What this task involves —
Copy out every line from the records that includes "module".

Data for this exercise —
*** Block opens ***

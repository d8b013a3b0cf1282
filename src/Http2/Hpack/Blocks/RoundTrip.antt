-- ===== src/Http2/Hpack/Blocks/RoundTrip.antt =====
-- HpackEncoder::Encode and HpackDecoder::Decode of src/KernelHttpLib/http2/Hpack.cpp together, for
-- one block and for the blocks of a connection.
use win_kernel_http.Common.{
  ℕ, zero, suc, List, [], ◌++◌, ◌+◌, ◌-◌, ◌*◌, ◌%◌, ◌^◌, ◌≤◌, ◌<◌, ◌≡◌, refl, ap, ◌∙◌, true, false,
  All, leb, some, length, arith, length-append,
}
use win_kernel_http.Common.Buffer.{Bytes, byte_at}
use win_kernel_http.Common.Status.{Result, ok}
use native.Mathlib.Nat.{mod-eq_of_lt}
use win_kernel_http.Http2.Hpack.Integer.{encode_integer}
use win_kernel_http.Http2.Hpack.Table.{Table, Field, update_max_size}
use win_kernel_http.Http2.Hpack.Strings.RoundTrip.{ReadsBack, encode_integer-ReadsBack}
use win_kernel_http.Http2.Hpack.Decoder.{
  HpackDecoder, Representation, Progress, representation, decode_as, read_size_update, resize_table,
  and_continue, decode_rounds, start_of, decode,
}
use win_kernel_http.Http2.Hpack.Encoder.{
  HpackEncoder, encode_rounds, encode_size_update, encode_behind, encode,
}
use win_kernel_http.Http2.Hpack.Blocks.Fold.{fold_fields}
use win_kernel_http.Http2.Hpack.Blocks.Agreement.{Agree, update_max_size-Agree}
use win_kernel_http.Http2.Hpack.Blocks.Names.{IsHeader}
use win_kernel_http.Http2.Hpack.Blocks.Rounds.{always, representation_size_update}
use win_kernel_http.Http2.Hpack.Blocks.Delivery.{
  appended, texts_size, block_bound, header_list_size_of, rounds_step, IsDelivered,
  encode_rounds-Delivers,
}

-- An encoder and a decoder between two blocks: their tables agree, or the encoder has one new limit
-- to announce that the decoder admits.
pub data InStep (e : HpackEncoder) (d : HpackDecoder) : Type 0 where
  settled : e.table_size_update_pending ≡ false → Agree e.table d.table → InStep e d
  announcing :
      (before : Table)
      → e.table_size_update_pending ≡ true
      → Agree before d.table
      → e.table ≡ update_max_size e.pending_table_size before
      → e.pending_table_size ≤ d.max_table_size
      → e.pending_table_size < 2 ^ 32
      → InStep e d

-- What a block says of the two ends behind it.
pub record IsRead (e : HpackEncoder) (d : HpackDecoder) (headers : List Field)
    (r : HpackDecoder × Result (List Field × ℕ)) : Type 0 where
  pub read : List Field
  pub used : ℕ
  pub succeeds : r.1 ≡ ok (read, used)
  pub same : fold_fields read ≡ fold_fields headers
  pub in_buffer : used ≤ 2 * texts_size headers
  pub announced : e.table_size_update_pending ≡ false
  pub agree : Agree e.table r.0.table
  pub same_max : r.0.max_table_size ≡ d.max_table_size

module _ (header_capacity capacity limit : ℕ) (small_capacity : capacity < 2 ^ 62)
    (small_limit : limit < 2 ^ 64) where
  module _ (d : HpackDecoder) (e : HpackEncoder) (headers : List Field) (out : Bytes)
      (announced : e.table_size_update_pending ≡ false) where
    finished :
        (block : Bytes) (next : Table) (q : Progress) (read : List Field)
        → decode_rounds always d.max_table_size header_capacity capacity limit
            (length block)
            d.table
            (start_of block)
          ≡ (next, ok q)
        → q.headers ≡ read
        → q.nv_offset ≤ 2 * texts_size headers
        → fold_fields read ≡ fold_fields headers
        → Agree e.table next
        → IsRead e d headers (decode always d block header_capacity capacity limit)
    unfolding decode
    finished block next q read rounds hs used same agree = rw rounds (record {
      read = read;
      used = q.nv_offset;
      succeeds = ap (λ (fs : List Field). ok (fs, q.nv_offset)) hs;
      same = same;
      in_buffer = used;
      announced = announced;
      agree = agree;
      same_max = refl;
    })

    plain-IsRead :
        IsDelivered d.max_table_size header_capacity capacity limit e.table d.table headers out
        → 2 * texts_size headers ≤ capacity
        → header_list_size_of headers ≤ limit
        → length headers ≤ header_capacity
        → IsRead e d headers (decode always d out header_capacity capacity limit)
    plain-IsRead l room listed count =
        let (q, rounds, hs, used) =
          l.delivers (length out) (start_of out) refl (omega arith) (omega arith) (omega arith)
            (omega arith) in
        finished out l.next q l.read rounds hs (omega arith) l.same l.agree

    update_read :
        (n : ℕ) (size : Bytes)
        → ReadsBack n 0x20 5 size
        → n ≤ d.max_table_size
        → decode_as always d.max_table_size header_capacity capacity limit
            (representation (byte_at size 0))
            d.table
            (start_of (size ++ out))
          ≡ (update_max_size n d.table, ok (start_of out))
    unfolding decode_as read_size_update resize_table
    update_read n size back h =
        let admitted : leb n d.max_table_size ≡ true = ground arith in
        ap
          (λ (r : Representation).
            decode_as always d.max_table_size header_capacity capacity limit r d.table
              (start_of (size ++ out)))
          (representation_size_update (byte_at size 0) back.kept)
        ∙ rw (back.reads out, admitted) refl

    module _ (n : ℕ) (size : Bytes) (back : ReadsBack n 0x20 5 size) (h : n ≤ d.max_table_size)
        (l : IsDelivered d.max_table_size header_capacity capacity limit e.table
          (update_max_size n d.table)
          headers
          out)
        (room : 2 * texts_size headers ≤ capacity) (listed : header_list_size_of headers ≤ limit)
        (count : length headers ≤ header_capacity) where
      update_rounds :
          (fuel : ℕ)
          → length (size ++ out) ≤ fuel
          → (q : Progress) × (decode_rounds always d.max_table_size header_capacity capacity limit
                fuel d.table
                (start_of (size ++ out))
              ≡ (l.next, ok q))
            × (q.headers ≡ l.read)
            × (q.nv_offset ≤ 0 + 2 * texts_size headers)
      update_rounds zero fuelled = absurd (omega (arith, length-append size out, back.some_byte))
      update_rounds (suc fuel) fuelled =
          let (q, rounds, hs, used) =
            l.delivers fuel (start_of out) refl
              (omega (arith, length-append size out, back.some_byte)) (omega arith) (omega arith)
              (omega arith) in
          (
            q,
            rounds_step d.max_table_size header_capacity capacity limit fuel d.table
                  (start_of (size ++ out)) size out back.some_byte refl
                ∙ ap
                    (λ (r : Table × Result Progress).
                      and_continue r
                        (decode_rounds always d.max_table_size header_capacity capacity limit fuel))
                    (update_read n size back h)
                ∙ rounds,
            hs,
            used,
          )

      update-IsRead :
          IsRead e d headers (decode always d (size ++ out) header_capacity capacity limit)
      update-IsRead =
          let (q, rounds, hs, used) = update_rounds (length (size ++ out)) (omega arith) in
          finished (size ++ out) l.next q l.read rounds hs (omega arith) l.same l.agree

  module _ (e : HpackEncoder) (d : HpackDecoder) (headers : List Field) (space : ℕ)
      (fine : All IsHeader headers) (fits : 6 + block_bound headers ≤ space)
      (room : 2 * texts_size headers ≤ capacity) (listed : header_list_size_of headers ≤ limit)
      (count : length headers ≤ header_capacity) where
    -- What `Encode` wrote is read back.
    abbrev pub RoundTrips : HpackEncoder × Result Bytes → Type 0
    RoundTrips r =
        (block : Bytes) × (r.1 ≡ ok block)
        × IsRead r.0 d headers (decode always d block header_capacity capacity limit)

    -- The encoder behind the size update.
    abbrev quiet : HpackEncoder
    quiet = record e { table_size_update_pending = false }

    settled_block :
        Agree e.table d.table → RoundTrips (encode_behind always e headers space (ok []))
    unfolding encode_behind
    settled_block h =
        let (out, written, l) =
          encode_rounds-Delivers d.max_table_size header_capacity capacity limit small_capacity
            small_limit 0 e.table d.table headers (space - 0) h fine (omega arith) in
        let r = encode_rounds always 0 e.table headers (space - 0) in
        rw (appended [] out r written) (
          out,
          refl,
          plain-IsRead d (record quiet { table = r.0 }) headers out refl l room listed count,
        )

    announced_block :
        (n : ℕ) (size : Bytes)
        → ReadsBack n 0x20 5 size
        → n ≤ d.max_table_size
        → Agree e.table (update_max_size n d.table)
        → RoundTrips (encode_behind always e headers space (ok size))
    unfolding encode_behind
    announced_block n size back h agree =
        let (out, written, l) =
          encode_rounds-Delivers d.max_table_size header_capacity capacity limit small_capacity
            small_limit 0 e.table (update_max_size n d.table) headers (space - length size) agree
            fine (omega (arith, back.short)) in
        let r = encode_rounds always 0 e.table headers (space - length size) in
        rw (appended size out r written) (
          size ++ out,
          refl,
          update-IsRead d (record quiet { table = r.0 }) headers out refl n size back h l room
              listed count,
        )

    no_update : e.table_size_update_pending ≡ false → encode_size_update e space ≡ ok []
    unfolding encode_size_update
    no_update h = rw h refl

    one_update :
        e.table_size_update_pending ≡ true
        → e.pending_table_size < 2 ^ 32
        → encode_size_update e space ≡ encode_integer e.pending_table_size 0x20 5 (some space)
    unfolding encode_size_update
    one_update h small =
        let exact : e.pending_table_size % 2 ^ 32 ≡ e.pending_table_size = mod-eq_of_lt small in
        rw (h, exact) refl

    -- With room for the block and for what it stands for, `Decode` reads what `Encode` wrote, up to
    -- the case of the names, and both ends agree again.
    pub block_round_trip : InStep e d → RoundTrips (encode always e headers space)
    unfolding encode
    block_round_trip (settled quiet_so_far h) = rw (no_update quiet_so_far) (settled_block h)
    block_round_trip (announcing before pending h table admitted small) =
        let (size, written, back) =
          encode_integer-ReadsBack e.pending_table_size 0x20 5 space small refl (omega arith) in
        let agree : Agree e.table (update_max_size e.pending_table_size d.table) =
          rw table (update_max_size-Agree before d.table e.pending_table_size h small) in
        rw (one_update pending small ∙ written)
          (announced_block e.pending_table_size size back admitted agree)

*** Block closes ***

Finished task —
module _ (header_capacity capacity limit : ℕ) (small_capacity : capacity < 2 ^ 62)
  module _ (d : HpackDecoder) (e : HpackEncoder) (headers : List Field) (out : Bytes)
    module _ (n : ℕ) (size : Bytes) (back : ReadsBack n 0x20 5 size) (h : n ≤ d.max_table_size)
  module _ (e : HpackEncoder) (d : HpackDecoder) (headers : List Field) (space : ℕ)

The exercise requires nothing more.